> _What is being asked_:
From the line that contains "(buffer : List ℕ) (cs : List (List ℕ))" to the final line of the entries, return every line exactly and leave out all others.

= Beginning of Section =

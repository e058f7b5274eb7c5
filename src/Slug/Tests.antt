-- ===== src/Slug/Tests.antt =====
-- Slugs of two names, and the theorems at them.
use llama_net.Prelude.{◌≡◌, refl}
use llama_net.Prelude.Text.{codes}
use llama_net.Slug.{model_name_to_slug}
use llama_net.Slug.Shape.{IsSlug, model_name_to_slug-IsSlug, model_name_to_slug_idem}

run_of_others : model_name_to_slug (λ s. s) (codes " llama: 3.1_(8b) ") ≡ codes "llama-3-1-8b"
unfolding model_name_to_slug codes
run_of_others = refl

model_name_to_slug-IsSlug_example : IsSlug (model_name_to_slug (λ s. s) (codes " llama: 3.1_(8b) "))
model_name_to_slug-IsSlug_example = model_name_to_slug-IsSlug (λ s. s) (codes " llama: 3.1_(8b) ")

model_name_to_slug_idem_example :
    model_name_to_slug (λ s. s) (model_name_to_slug (λ s. s) (codes "llama-3--7b"))
    ≡ model_name_to_slug (λ s. s) (codes "llama-3--7b")
model_name_to_slug_idem_example =
    model_name_to_slug_idem (λ s. s) (codes "llama-3--7b") (λ s h. refl)
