-- ===== src/Sse.antt =====
-- common/sse_handler.py, and the framing of common/models.py
pub mod Parser
pub mod Chunks
pub mod Framing
pub mod Stream
pub mod Delivery
mod Tests
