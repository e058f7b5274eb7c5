-- ===== src/Sse/Parser.antt =====
-- `SSEParser` of common/sse_handler.py, over code points.
use llama_net.Prelude.{ℕ, ◌||◌, Option, none, some, List, [], ◌∷◌, ◌++◌, if◌then◌else◌}
use llama_net.Prelude.Text.{is_space, codes}
use llama_net.Prelude.Codes.{strip_with, is_prefix, is_empty, same_text, drop, split}

abbrev pub newline : ℕ
newline = 10

-- `SSEChunk`: the parser fills in the data and leaves the other fields at None.
pub record SseChunk : Type 0 where
  pub text : List ℕ
  pub event : Option (List ℕ)
  pub id : Option (List ℕ)
  pub retry : Option ℕ

abbrev pub chunk_of : List ℕ → SseChunk
chunk_of text = record { text = text; event = none; id = none; retry = none }

pub record SseParser : Type 0 where
  pub buffer : List ℕ

abbrev pub new_parser : SseParser
new_parser = record { buffer = [] }

-- The body of `parse_line` behind `line.strip()`.
unfoldable pub parse_stripped : List ℕ → Option SseChunk
unfolding is_prefix drop same_text codes
parse_stripped line =
    if is_empty line || is_prefix (codes ":") line
    then none
    else if is_prefix (codes "data: ") line
    then (if is_empty (drop 6 line) || same_text (drop 6 line) (codes "[DONE]")
        then none
        else some (chunk_of (drop 6 line)))
    else none

unfoldable pub parse_line : List ℕ → Option SseChunk
unfolding strip_with is_space parse_stripped
parse_line line = parse_stripped (strip_with is_space line)

-- The loop over the complete lines.
unfoldable pub parse_lines : List (List ℕ) → List SseChunk
unfolding parse_line
parse_lines [] = []
parse_lines (line ∷ lines) =
    let rest = parse_lines lines in elim (parse_line line) [ none ↦ rest | some e ↦ e ∷ rest ]

-- `lines.pop()`: what is left, and the last line.
unfoldable pub pop_last : List (List ℕ) → List (List ℕ) × List ℕ
pop_last [] = ([], [])
pop_last (l ∷ []) = ([], l)
pop_last (l ∷ m ∷ ls) = (l ∷ (pop_last (m ∷ ls)).0, (pop_last (m ∷ ls)).1)

unfoldable pub parse_chunk : SseParser → List ℕ → SseParser × List SseChunk
unfolding split pop_last parse_lines
parse_chunk p chunk =
    let lines = pop_last (split newline (p.buffer ++ chunk)) in
    (record { buffer = lines.1 }, parse_lines lines.0)

-- The parser over the chunks of a stream, in turn.
unfoldable pub parse_chunks : SseParser → List (List ℕ) → SseParser × List SseChunk
parse_chunks p [] = (p, [])
parse_chunks p (c ∷ cs) =
    let step = parse_chunk p c in let rest = parse_chunks step.0 cs in (rest.0, step.1 ++ rest.1)
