-- ===== src/Sse/Chunks.antt =====
-- What the parser makes of a stream does not depend on where the network cuts it.
use mathlib.Core.List.{append_assoc, append-nil}
use llama_net.Prelude.{
  ℕ, ◌≡◌, ◌≢◌, refl, sym, ap, ◌∙◌, false, List, [], ◌∷◌, ◌++◌, arith, ◌==◌, if◌then◌else◌,
  Bool-cases, inl, inr, All,
}
use llama_net.Prelude.Codes.{split, extend}
use llama_net.Sse.Parser.{newline, new_parser, parse_lines, pop_last, parse_chunk, parse_chunks}

-- The complete lines of a text and what stands behind the last of them, in one pass.
attach : ℕ → List (List ℕ) → List ℕ → List (List ℕ) × List ℕ
attach c [] last = ([], c ∷ last)
attach c (l ∷ ls) last = ((c ∷ l) ∷ ls, last)

pub cut : List ℕ → List (List ℕ) × List ℕ
unfolding attach
cut [] = ([], [])
cut (c ∷ s) = if c == newline then ([] ∷ (cut s).0, (cut s).1) else attach c (cut s).0 (cut s).1

pop_last-extend :
    (c : ℕ) (ls : List (List ℕ))
    → ls ≢ []
    → pop_last (extend c ls) ≡ attach c (pop_last ls).0 (pop_last ls).1
unfolding pop_last attach
pop_last-extend c [] h = absurd (h refl)
pop_last-extend c (l ∷ []) h = refl
pop_last-extend c (l ∷ m ∷ ls) h = refl

split-ne : (s : List ℕ) → split newline s ≢ []
unfolding split
split-ne [] = λ h. cc h
split-ne (c ∷ s) = elim (Bool-cases (c == newline)) [
  | inl e ↦ rw e (λ h. cc h)
  | inr e ↦ rw e (extend-ne (split newline s))
]
  where
    extend-ne : (ls : List (List ℕ)) → extend c ls ≢ []
    extend-ne [] h = cc h
    extend-ne (l ∷ ls) h = cc h

pop_last-cons :
    (l : List ℕ) (ls : List (List ℕ))
    → ls ≢ []
    → pop_last (l ∷ ls) ≡ (l ∷ (pop_last ls).0, (pop_last ls).1)
unfolding pop_last
pop_last-cons l [] h = absurd (h refl)
pop_last-cons l (m ∷ ls) h = refl

pop_last-split : (s : List ℕ) → pop_last (split newline s) ≡ cut s
unfolding split cut pop_last
pop_last-split [] = refl
pop_last-split (c ∷ s) = elim (Bool-cases (c == newline)) [
  | inl e ↦ rw e (
      pop_last-cons [] (split newline s) (split-ne s)
      ∙ ap (λ q. ([] ∷ q.0, q.1)) (pop_last-split s))
  | inr e ↦ rw e (
      pop_last-extend c (split newline s) (split-ne s)
      ∙ ap (λ q. attach c q.0 q.1) (pop_last-split s))
]

attach-append :
    (c : ℕ) (ls : List (List ℕ)) (last b : List ℕ)
    → (c == newline) ≡ false
    → attach c (ls ++ (cut (last ++ b)).0) (cut (last ++ b)).1 ≡ (
      (attach c ls last).0 ++ (cut ((attach c ls last).1 ++ b)).0,
      (cut ((attach c ls last).1 ++ b)).1,
    )
unfolding attach cut
attach-append c [] last b e = rw e refl
attach-append c (l ∷ ls) last b e = refl

-- A text in two parts: the lines of the first, and those of what it leaves together with the second.
cut-append :
    (a b : List ℕ)
    → cut (a ++ b) ≡ ((cut a).0 ++ (cut ((cut a).1 ++ b)).0, (cut ((cut a).1 ++ b)).1)
unfolding cut
cut-append [] b = refl
cut-append (c ∷ a) b = elim (Bool-cases (c == newline)) [
  | inl e ↦ rw e (ap (λ q. ([] ∷ q.0, q.1)) (cut-append a b))
  | inr e ↦
      rw e (ap (λ q. attach c q.0 q.1) (cut-append a b) ∙ attach-append c (cut a).0 (cut a).1 b e)
]

attach-rest :
    (c : ℕ) (ls : List (List ℕ)) (last : List ℕ)
    → (c == newline) ≡ false
    → cut last ≡ ([], last)
    → cut (attach c ls last).1 ≡ ([], (attach c ls last).1)
unfolding attach cut
attach-rest c [] last e h = rw e (rw h refl)
attach-rest c (l ∷ ls) last e h = h

-- What follows the last line holds no line.
pub cut-rest : (s : List ℕ) → cut (cut s).1 ≡ ([], (cut s).1)
unfolding cut
cut-rest [] = refl
cut-rest (c ∷ s) = elim (Bool-cases (c == newline)) [
  | inl e ↦ rw e (cut-rest s)
  | inr e ↦ rw e (attach-rest c (cut s).0 (cut s).1 e (cut-rest s))
]

parse_lines-append :
    (ls ms : List (List ℕ)) → parse_lines (ls ++ ms) ≡ parse_lines ls ++ parse_lines ms
unfolding parse_lines
parse_lines-append [] ms = refl
parse_lines-append (l ∷ ls) ms = ground (arith, parse_lines-append ls ms)

pub parse_chunk-cut :
    (buffer chunk : List ℕ)
    → parse_chunk (record { buffer = buffer }) chunk
      ≡ (record { buffer = (cut (buffer ++ chunk)).1 }, parse_lines (cut (buffer ++ chunk)).0)
unfolding parse_chunk
parse_chunk-cut buffer chunk = rw (pop_last-split (buffer ++ chunk)) refl

-- A parser's buffer holds no complete line, whatever it has read.
pub parse_chunk-rest :
    (buffer chunk : List ℕ)
    → cut (parse_chunk (record { buffer = buffer }) chunk).0.buffer
      ≡ ([], (parse_chunk (record { buffer = buffer }) chunk).0.buffer)
parse_chunk-rest buffer chunk = rw (parse_chunk-cut buffer chunk) (cut-rest (buffer ++ chunk))

abbrev pub join : List (List ℕ) → List ℕ
join [] = []
join (c ∷ cs) = c ++ join cs

parse_chunks-buffer :
    (buffer : List ℕ) (cs : List (List ℕ))
    → cut buffer ≡ ([], buffer)
    → parse_chunks (record { buffer = buffer }) cs
      ≡ parse_chunk (record { buffer = buffer }) (join cs)
unfolding parse_chunks parse_lines
parse_chunks-buffer buffer [] h = sym (parse_chunk-cut buffer [] ∙ rw (append-nil buffer, h) refl)
parse_chunks-buffer buffer (c ∷ cs) h = rw (parse_chunk-cut buffer c) (
    rw (parse_chunks-buffer (cut (buffer ++ c)).1 cs (cut-rest (buffer ++ c))) (
      rw (parse_chunk-cut (cut (buffer ++ c)).1 (join cs), parse_chunk-cut buffer (c ++ join cs))
        (rw (← append_assoc buffer c (join cs), cut-append (buffer ++ c) (join cs))
          (rw (parse_lines-append (cut (buffer ++ c)).0 (cut ((cut (buffer ++ c)).1 ++ join cs)).0)
            refl))))

-- Whatever the chunks in which a stream arrives, the parser ends with the same events and the same
-- rest as if the whole stream came in one chunk.
pub parse_chunks-join :
    (cs : List (List ℕ)) → parse_chunks new_parser cs ≡ parse_chunk new_parser (join cs)
unfolding cut
parse_chunks-join cs = parse_chunks-buffer [] cs refl

-- A line and its end, before the rest of a text.
pub cut-line :
    (line s : List ℕ)
    → All (λ c. (c == newline) ≡ false) line
    → cut (line ++ newline ∷ s) ≡ (line ∷ (cut s).0, (cut s).1)
unfolding cut attach
cut-line [] s h = refl
cut-line (c ∷ line) s h = rw (h.0) (rw (cut-line line s h.1) refl)

pub cut-nil : cut [] ≡ ([], [])
unfolding cut
cut-nil = refl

= End of Section =

> _Answer section_:
    (buffer : List ℕ) (cs : List (List ℕ))
    → cut buffer ≡ ([], buffer)
    → parse_chunks (record { buffer = buffer }) cs
      ≡ parse_chunk (record { buffer = buffer }) (join cs)
unfolding parse_chunks parse_lines
parse_chunks-buffer buffer [] h = sym (parse_chunk-cut buffer [] ∙ rw (append-nil buffer, h) refl)
parse_chunks-buffer buffer (c ∷ cs) h = rw (parse_chunk-cut buffer c) (
    rw (parse_chunks-buffer (cut (buffer ++ c)).1 cs (cut-rest (buffer ++ c))) (
      rw (parse_chunk-cut (cut (buffer ++ c)).1 (join cs), parse_chunk-cut buffer (c ++ join cs))
        (rw (← append_assoc buffer c (join cs), cut-append (buffer ++ c) (join cs))
          (rw (parse_lines-append (cut (buffer ++ c)).0 (cut ((cut (buffer ++ c)).1 ++ join cs)).0)
            refl))))

-- Whatever the chunks in which a stream arrives, the parser ends with the same events and the same
-- rest as if the whole stream came in one chunk.
pub parse_chunks-join :
    (cs : List (List ℕ)) → parse_chunks new_parser cs ≡ parse_chunk new_parser (join cs)
unfolding cut
parse_chunks-join cs = parse_chunks-buffer [] cs refl

-- A line and its end, before the rest of a text.
pub cut-line :
    (line s : List ℕ)
    → All (λ c. (c == newline) ≡ false) line
    → cut (line ++ newline ∷ s) ≡ (line ∷ (cut s).0, (cut s).1)
unfolding cut attach
cut-line [] s h = refl
cut-line (c ∷ line) s h = rw (h.0) (rw (cut-line line s h.1) refl)

pub cut-nil : cut [] ≡ ([], [])
unfolding cut
cut-nil = refl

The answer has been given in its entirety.